TASK DESCRIPTION –
Tell how many lines of the entries below include the string "some". Respond with the number alone.

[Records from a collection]
- Opening Delimiter -

-- ===== src/Connect/ProxyAddress.antt =====
-- Which proxy addresses are refused (`proxy_url`).
use stackable_odbc_trino.Base.{ℕ, ap, ◌∙◌, ◌≡◌, refl, true, false, [], ◌∷◌, ◌++◌, some, arith, All}
use stackable_odbc_trino.Base.Fallible.{get_or}
use stackable_odbc_trino.Base.Outcome.{ok, err}
use stackable_odbc_trino.Base.Text.{Text, codes}
use stackable_odbc_trino.Base.Text.Parts.{Lacks, after_first, strip_prefix, before_any, contains}
use stackable_odbc_trino.Errors.{Message, general}
use stackable_odbc_trino.Connect.Values.{ends_authority, authority, proxy_url}

-- No character that ends the authority.
abbrev pub InAuthority : Text → Type 0
InAuthority = All (λ c. ends_authority c ≡ false)

after_first_scheme :
    (scheme t : Text)
    → Lacks b':' scheme
    → after_first (codes "://") (scheme ++ codes "://" ++ t) ≡ some t
unfolding after_first strip_prefix
after_first_scheme [] t h = refl
after_first_scheme (c ∷ s) t (hc, hs) = ground (arith, after_first_scheme s t hs)

contains_userinfo :
    (userinfo rest : Text)
    → InAuthority userinfo
    → contains b'@' (before_any ends_authority (userinfo ++ b'@' ∷ rest)) ≡ true
unfolding contains before_any
contains_userinfo [] rest h = unfold ends_authority in refl
contains_userinfo (c ∷ s) rest (hc, hs) = ground (arith, contains_userinfo s rest hs)

before_any_path :
    (host path : Text) → InAuthority host → before_any ends_authority (host ++ b'/' ∷ path) ≡ host
unfolding before_any
before_any_path [] path h = unfold ends_authority in refl
before_any_path (c ∷ s) path (hc, hs) = ground (arith, before_any_path s path hs)

contains-Lacks : (c : ℕ) (s : Text) → Lacks c s → contains c s ≡ false
unfolding contains
contains-Lacks c [] h = refl
contains-Lacks c (d ∷ s) (hd, hs) = ground (arith, contains-Lacks c s hs)

authority_behind :
    (raw t : Text)
    → after_first (codes "://") raw ≡ some t
    → authority raw ≡ before_any ends_authority t
unfolding authority
authority_behind raw t h = ap (λ o. before_any ends_authority (get_or o raw)) h

-- A proxy address with a user or a password before its host is refused, whatever follows the `@`; an
-- address without them is taken as it is, and then an `@` in its path does no harm.
pub proxy_url_userinfo :
    (scheme userinfo host rest : Text)
    → Lacks b':' scheme
    → InAuthority userinfo
    → InAuthority host
    → Lacks b'@' host
    → (proxy_url (scheme ++ codes "://" ++ (userinfo ++ b'@' ∷ rest))
        ≡ err (general Message.proxy_credentials))
      × (proxy_url (scheme ++ codes "://" ++ (host ++ b'/' ∷ rest))
          ≡ ok (scheme ++ codes "://" ++ (host ++ b'/' ∷ rest)))
unfolding proxy_url
proxy_url_userinfo scheme userinfo host rest hs hu hh hl =
    let bad = scheme ++ codes "://" ++ (userinfo ++ b'@' ∷ rest) in
    let good = scheme ++ codes "://" ++ (host ++ b'/' ∷ rest) in
    let refused : contains b'@' (authority bad) ≡ true =
      ap (contains b'@') (
        authority_behind bad (userinfo ++ b'@' ∷ rest)
          (after_first_scheme scheme (userinfo ++ b'@' ∷ rest) hs))
      ∙ contains_userinfo userinfo rest hu in
    let taken : contains b'@' (authority good) ≡ false =
      ap (contains b'@') (
        authority_behind good (host ++ b'/' ∷ rest)
          (after_first_scheme scheme (host ++ b'/' ∷ rest) hs)
        ∙ before_any_path host rest hh)
      ∙ contains-Lacks b'@' host hl in
    (rw refused refl, rw taken refl)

- Closing Delimiter -

ANSWER BOX –
3